Computes Teacher-Forced Accuracy (TFA), rewarding the model for correctly predicting
the first EOS token while ignoring predictions for padding tokens.
Parameters:
model: The language model (Hugging Face CausalLM).
tokenizer: The tokenizer corresponding to the model.
input_texts: List of input texts to compute TFA.
Returns:
TFA score as a float.
"""
# Tokenize input texts
tokenizer.pad_token = tokenizer.eos_token # Use EOS as the pad token
inputs = tokenizer(input_texts, return_tensors='pt', padding=True, truncation=True)
input_ids = inputs['input_ids']
# Create right-shifted input by adding the EOS token at the beginning
eos_token_id = tokenizer.eos_token_id
right_shifted_input_ids = torch.cat([
torch.full((input_ids.shape[0], 1), eos_token_id, dtype=torch.long), # Add EOS token
input_ids[:, :-1]
], dim=1)
# Perform a forward pass with the right-shifted inputs
with torch.no_grad():
outputs = model(input_ids=right_shifted_input_ids)

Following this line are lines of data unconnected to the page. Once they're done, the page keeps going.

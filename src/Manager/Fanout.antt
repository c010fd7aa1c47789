-- ===== src/Manager/Fanout.antt =====
-- pkg/redis/manager.go, `SendCommandFanout`: which partitions a command for all of them reaches.
use golang_predix.Common.{
  ℕ, zero, suc, ◌+◌, ◌≤◌, ◌<◌, ◌≡◌, refl, ◌∙◌, sym, ap, subst, ◌≢◌, ◌⊎◌, inl, inr, true, false,
  Option, none, some, [], ◌∷◌, ◌++◌, ℕ_discrete, Bool-cases, arith,
}
use golang_predix.Engine.Commands.{CommandType, Payload}
use golang_predix.Partition.Router.{Router, stream}
use golang_predix.Partition.Router.Names.{names_are_distinct}
use golang_predix.Manager.{
  Entry, Broker, Added, added, not_added, unanswered, Call, SendError, not_appended, not_marshalled,
  next_number, create_envelope, push, xadd, fan_out, send_command_fanout,
}

module _ (r : Router) (calls : ℕ → Call) (kind : CommandType) (payload : Payload) where
  -- The stream of a partition has one more entry, which is the command.
  pub record Gained (q : ℕ) (b b' : Broker) : Type 0 where
    pub entry : Entry
    pub its_kind : entry.command.kind ≡ kind
    pub its_payload : entry.command.payload ≡ payload
    pub last : b'.streams (stream r q) ≡ b.streams (stream r q) ++ entry ∷ []

  -- The stream of a partition is as before.
  abbrev pub Untouched : ℕ → Broker → Broker → Type 0
  Untouched q b b' = b'.streams (stream r q) ≡ b.streams (stream r q)

  -- The stream of the partition at which a fan-out fails.
  abbrev pub AtMostGained : ℕ → Broker → Broker → Type 0
  AtMostGained q b b' = Untouched q b b' ⊎ Gained q b b'

  -- How far a fan-out from a partition on has come.
  pub record Reached (p left : ℕ) (b : Broker) (failed : Option SendError) (b' : Broker)
      : Type 0 where
    pub count : ℕ
    pub gained : (q : ℕ) → p ≤ q → q < p + count → Gained q b b'
    pub before : (q : ℕ) → q < p → b'.streams (stream r q) ≡ b.streams (stream r q)
    pub behind : (q : ℕ) → p + count < q → b'.streams (stream r q) ≡ b.streams (stream r q)
    pub through : failed ≡ none → count ≡ left
    pub stopped : failed ≢ none → count < left
    pub failing : failed ≢ none → AtMostGained (p + count) b b'

  abbrev entry_at : ℕ → Broker → Entry
  entry_at p b = record {
    client_id = [];
    command = (create_envelope (some r) (calls p) kind [] payload p b).0;
  }

  abbrev numbered : ℕ → Broker → Broker
  numbered p b = (create_envelope (some r) (calls p) kind [] payload p b).1

  numbered-streams : (p : ℕ) (b : Broker) → (numbered p b).streams ≡ b.streams
  unfolding create_envelope next_number
  numbered-streams p b = ground arith

  pushed : ℕ → Broker → Broker
  pushed p b = push (stream r p) (entry_at p b) (numbered p b)

  pushed_here :
      (p : ℕ) (b : Broker)
      → (pushed p b).streams (stream r p) ≡ b.streams (stream r p) ++ entry_at p b ∷ []
  unfolding pushed push
  pushed_here p b = ground (arith, ap (λ s. s (stream r p)) (numbered-streams p b))

  pushed_elsewhere :
      (p q : ℕ) (b : Broker) → q ≢ p → (pushed p b).streams (stream r q) ≡ b.streams (stream r q)
  unfolding pushed push
  pushed_elsewhere p q b ne =
      ground
        (arith, (names_are_distinct r q p ne).0, ap (λ s. s (stream r q)) (numbered-streams p b))

  entry_lem :
      (p : ℕ) (b : Broker)
      → ((entry_at p b).command.kind ≡ kind) × ((entry_at p b).command.payload ≡ payload)
  unfolding create_envelope
  entry_lem p b = (refl, refl)

  -- The stream of a partition is as a round that wrote to it leaves it.
  here :
      (p : ℕ) (b b' : Broker)
      → b'.streams (stream r p) ≡ (pushed p b).streams (stream r p)
      → Gained p b b'
  here p b b' same = record {
    entry = entry_at p b;
    its_kind = (entry_lem p b).0;
    its_payload = (entry_lem p b).1;
    last = same ∙ pushed_here p b;
  }

  -- A round that stops the fan-out.
  stops :
      (p left : ℕ) (b b' : Broker) (x : SendError)
      → ((q : ℕ) → q ≢ p → b'.streams (stream r q) ≡ b.streams (stream r q))
      → AtMostGained p b b'
      → Reached p (suc left) b (some x) b'
  stops p left b b' x same ends = record {
    count = 0;
    gained = λ q. λ le. λ lt. absurd (omega arith);
    before = λ q. λ lt. same q (λ e. omega arith);
    behind = λ q. λ lt. same q (λ e. omega arith);
    through = λ e. absurd (ground arith);
    stopped = λ ne. omega arith;
    failing = λ ne. subst (λ t. AtMostGained t b b') (omega arith) ends;
  }

  -- What a later round gives another partition.
  behind_push : (p q : ℕ) (b b' : Broker) → q ≢ p → Gained q (pushed p b) b' → Gained q b b'
  behind_push p q b b' ne g = record {
    entry = g.entry;
    its_kind = g.its_kind;
    its_payload = g.its_payload;
    last = g.last ∙ ap (λ t. t ++ g.entry ∷ []) (pushed_elsewhere p q b ne);
  }

  behind_ends :
      (p q : ℕ) (b b' : Broker) → q ≢ p → AtMostGained q (pushed p b) b' → AtMostGained q b b'
  behind_ends p q b b' ne (inl same) = inl (same ∙ pushed_elsewhere p q b ne)
  behind_ends p q b b' ne (inr g) = inr (behind_push p q b b' ne g)

  -- A round that goes on.
  goes_on :
      (p left : ℕ) (b b' : Broker) (failed : Option SendError)
      → Reached (p + 1) left (pushed p b) failed b'
      → Reached p (suc left) b failed b'
  goes_on p left b b' failed f = record {
    count = suc f.count;
    gained = λ q. λ le. λ lt. at q (ℕ_discrete q p) le lt;
    before = λ q. λ lt. f.before q (omega arith) ∙ pushed_elsewhere p q b (λ e. omega arith);
    behind = λ q. λ lt. f.behind q (omega arith) ∙ pushed_elsewhere p q b (λ e. omega arith);
    through = λ e. omega (arith, f.through e);
    stopped = λ ne. omega (arith, f.stopped ne);
    failing = λ ne.
        subst (λ t. AtMostGained t b b') (omega arith)
          (behind_ends p (p + 1 + f.count) b b' (λ e. omega arith) (f.failing ne));
  }
    where
      at : (q : ℕ) → Dec (q ≡ p) → p ≤ q → q < p + suc f.count → Gained q b b'
      at q (yes same) le lt =
          subst (λ t. Gained t b b') (sym same) (here p b b' (f.before p (omega arith)))
      at q (no differ) le lt = behind_push p q b b' differ (f.gained q (omega arith) (omega arith))

  fan_out_added :
      (left p : ℕ) (b : Broker)
      → (calls p).marshal_ok ≡ true
      → (calls p).xadd 0 ≡ added
      → fan_out r calls kind payload (suc left) p b
        ≡ fan_out r calls kind payload left (p + 1) (pushed p b)
  unfolding fan_out xadd pushed
  fan_out_added left p b m a = ground arith

  fan_out_not_added :
      (left p : ℕ) (b : Broker)
      → (calls p).marshal_ok ≡ true
      → (calls p).xadd 0 ≡ not_added
      → fan_out r calls kind payload (suc left) p b ≡ (some not_appended, numbered p b)
  unfolding fan_out xadd
  fan_out_not_added left p b m a = ground arith

  fan_out_unanswered :
      (left p : ℕ) (b : Broker)
      → (calls p).marshal_ok ≡ true
      → (calls p).xadd 0 ≡ unanswered
      → fan_out r calls kind payload (suc left) p b ≡ (some not_appended, pushed p b)
  unfolding fan_out xadd pushed
  fan_out_unanswered left p b m a = ground arith

  fan_out_not_marshalled :
      (left p : ℕ) (b : Broker)
      → (calls p).marshal_ok ≡ false
      → fan_out r calls kind payload (suc left) p b ≡ (some not_marshalled, numbered p b)
  unfolding fan_out
  fan_out_not_marshalled left p b m = ground arith

  fan_out-Reached :
      (left p : ℕ) (b : Broker)
      → Reached p left b
          (fan_out r calls kind payload left p b).0
          (fan_out r calls kind payload left p b).1
  unfolding fan_out
  fan_out-Reached zero p b = record {
    count = 0;
    gained = λ q. λ le. λ lt. absurd (omega arith);
    before = λ q. λ lt. refl;
    behind = λ q. λ lt. refl;
    through = λ e. refl;
    stopped = λ ne. absurd (ne refl);
    failing = λ ne. absurd (ne refl);
  }
  fan_out-Reached (suc left) p b =
      go (Bool-cases (calls p).marshal_ok) ((calls p).xadd 0) refl
        (fan_out-Reached left (p + 1) (pushed p b))
    where
      quiet : (q : ℕ) → q ≢ p → (numbered p b).streams (stream r q) ≡ b.streams (stream r q)
      quiet q ne = ap (λ s. s (stream r q)) (numbered-streams p b)

      unchanged : (numbered p b).streams (stream r p) ≡ b.streams (stream r p)
      unchanged = ap (λ s. s (stream r p)) (numbered-streams p b)

      go :
          ((calls p).marshal_ok ≡ true) ⊎ ((calls p).marshal_ok ≡ false)
          → (a : Added) → (calls p).xadd 0 ≡ a
          → Reached
              (p + 1)
              left
              (pushed p b)
              (fan_out r calls kind payload left (p + 1) (pushed p b)).0
              (fan_out r calls kind payload left (p + 1) (pushed p b)).1
          → Reached p
              (suc left)
              b
              (fan_out r calls kind payload (suc left) p b).0
              (fan_out r calls kind payload (suc left) p b).1
      go (inr m) a e rest =
          rw (fan_out_not_marshalled left p b m)
            (stops p left b _ not_marshalled quiet (inl unchanged))
      go (inl m) added e rest = rw (fan_out_added left p b m e) (goes_on p left b _ _ rest)
      go (inl m) not_added e rest =
          rw (fan_out_not_added left p b m e) (stops p left b _ not_appended quiet (inl unchanged))
      go (inl m) unanswered e rest = rw (fan_out_unanswered left p b m e) (
          stops p left b _ not_appended (λ q. pushed_elsewhere p q b)
            (inr (here p b (pushed p b) refl)))

  -- A command for all partitions is appended to the streams of an initial segment of them, once to each: of all
  -- of them where the call succeeds. Where it fails, it fails at the partition behind this segment, whose stream is
  -- as before or has the command as one more entry, and the streams of those behind it are as before.
  pub send_command_fanout-Reached :
      (b : Broker)
      → let (failed, b') = send_command_fanout (some r) calls kind payload b in
        Reached 0 r.partitions b failed b'
  unfolding send_command_fanout
  send_command_fanout-Reached b = fan_out-Reached r.partitions 0 b
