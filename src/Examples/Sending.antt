-- ===== src/Examples/Sending.antt =====
-- Concrete calls of the API server, some of which Redis does not answer.
use golang_predix.Common.{
  ℕ, zero, suc, ◌≡◌, ◌≤◌, refl, true, false, Option, none, some, List, [], ◌∷◌, Text, codes, arith,
}
use golang_predix.Engine.Commands.{
  create_event_command, user_created_command, Payload, Response, reply,
}
use golang_predix.Engine.Orders.{user_ok}
use golang_predix.Partition.Router.{Router}
use golang_predix.Manager.{
  Entry, Broker, Added, added, not_added, unanswered, Call, SendError, Heard, answer, timed_out,
  stream_for, partition_for, create_envelope, send_and_await, send_command_fanout,
}
use golang_predix.Manager.Append.{Answered, send_and_await_answers}
use golang_predix.Manager.Retry.{Wrote}
use golang_predix.Manager.Fanout.{Reached, send_command_fanout-Reached}
use golang_predix.Samples.{no_payload}

abbrev empty_broker : Broker
empty_broker = record { streams = λ k. []; counters = λ k. 0 }

abbrev two : Router
two = record { partitions = 2; stream_prefix = codes "commands" }

-- The first append is written, and its answer is lost.
abbrev shaky : Call
shaky = record {
  uuid = codes "u";
  now = 1;
  incr_ok = true;
  marshal_ok = true;
  xadd = λ n. elim n [ zero ↦ unanswered | suc m ↦ added ];
  context_done = λ n. false;
}

abbrev with_event : Payload
with_event = record no_payload { as_event = some (codes "e") }

abbrev heard : List Heard
heard = answer (codes "x") (reply user_ok) ∷ answer (codes "u") (reply user_ok) ∷ timed_out ∷ []

abbrev sent : Option (Option SendError × Option Response) × Broker
sent =
    send_and_await (some two) shaky (codes "c") true (codes "e") create_event_command with_event
      heard empty_broker

answered : sent ≡ (some (none, some (reply user_ok)), sent.1)
unfolding send_and_await golang_predix.Manager.then_await golang_predix.Manager.append_command
    golang_predix.Manager.attempt golang_predix.Manager.xadd golang_predix.Manager.await_response
    golang_predix.Common.Text-discrete create_envelope
answered = refl

send_and_await_answers_example :
    let p = partition_for (some two) (codes "e") in
    let v =
      (create_envelope
        (some two)
        (record shaky { context_done = λ n. false })
        create_event_command
        (codes "e")
        with_event
        p
        empty_broker).0 in
    (k : ℕ) × (1 ≤ k)
    × (k ≤ 3)
    × Wrote
        (stream_for (some two) p)
        (record { client_id = codes "c"; command = v })
        k
        empty_broker
        sent.1
    × (v.request_id ≡ codes "u")
    × Answered (codes "u") (reply user_ok) heard
send_and_await_answers_example =
    send_and_await_answers (some two) shaky (codes "c") true (codes "e") create_event_command
      with_event heard empty_broker sent.1 (reply user_ok) answered

-- The second partition does not take its command.
abbrev half : ℕ → Call
half p = record shaky { xadd = λ n. elim p [ zero ↦ added | suc q ↦ not_added ] }

send_command_fanout-Reached_example :
    let r = send_command_fanout (some two) half user_created_command no_payload empty_broker in
    Reached two half user_created_command no_payload 0 2 empty_broker r.0 r.1
send_command_fanout-Reached_example =
    send_command_fanout-Reached two half user_created_command no_payload empty_broker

logits = outputs.logits # Shape: (batch_size, sequence_length, vocab_size)
# Compute predictions
predicted_token_ids = torch.argmax(logits, dim=-1) # Shape: (batch_size, sequence_length)
# Find the first EOS position in each sequence
eos_positions = (input_ids == eos_token_id).int().argmax(dim=1) # Shape: (batch_size,)
# Mask to ignore tokens after the first EOS
sequence_lengths = input_ids.size(1)
mask = torch.arange(sequence_lengths).unsqueeze(0).to(input_ids.device)
mask = mask < eos_positions.unsqueeze(1)
# Include the first EOS token in the mask
mask.scatter_(1, eos_positions.unsqueeze(1), 1)
# Apply the mask to filter predictions and labels
filtered_predictions = predicted_token_ids[mask]
filtered_labels = input_ids[mask]
# Compute accuracy
correct_predictions = (filtered_predictions == filtered_labels).float()
accuracy = correct_predictions.mean().item()
return accuracy
def main():
# Define models and their URLs
models_and_urls = {
"google/gemma-2-2b": "https://huggingface.co/google/gemma-2-2b",
"meta-llama/Llama-3.1-8B": "https://huggingface.co/meta-llama/Llama-3.1-8B",
"gpt2": "https://huggingface.co/gpt2"
}
# Define input texts
input_texts = [
"The quick brown fox jumps over the lazy dog.",
"Artificial Intelligence is transforming the world of science."
]
# Test each model
for model_name, model_url in models_and_urls.items():
print(f"Testing model: {model_name} ({model_url})")
tokenizer = AutoTokenizer.from_pretrained(model_name)
model = AutoModelForCausalLM.from_pretrained(model_name)
# Compute TFA
tfa_score = compute_tfa(model, tokenizer, input_texts)
print(f"Teacher-Forced Accuracy (TFA) for {model_name}: {tfa_score:.4f}\n")
if __name__ == "__main__":
main()
What I Need Help With:
-
EOS Token Masking: Is the masking logic I implemented for ignoring tokens after the first EOS correct? Specifically, I used:
mask = torch.arange(sequence_lengths).unsqueeze(0).to(input_ids.device) mask = mask < eos_positions.unsqueeze(1) mask.scatter_(1, eos_positions.unsqueeze(1), 1)
Is this the best way to ensure only tokens up to and including the first EOS are considered?
-
Right-Shifted Input: I prepend the EOS token to the input like this:
right_shifted_input_ids = torch.cat([ torch.full((input_ids.shape[0], 1), eos_token_id, dtype=torch.long), input_ids[:, :-1] ], dim=1)
Is this a standard way to handle the right-shift for teacher-forced evaluation?
-
Generalization: The code is designed to evaluate multiple models, such as
google/gemma-2-2b
,meta-llama/Llama-3.1-8B
, andgpt2
. Are there any additional considerations or best practices I should follow for TFA computation across diverse models? -
Performance Optimization: Is there a more efficient way to compute the mask and apply it to the predictions and labels? My current method seems to work but might be suboptimal for larger datasets.
Any feedback or suggestions would be greatly appreciated!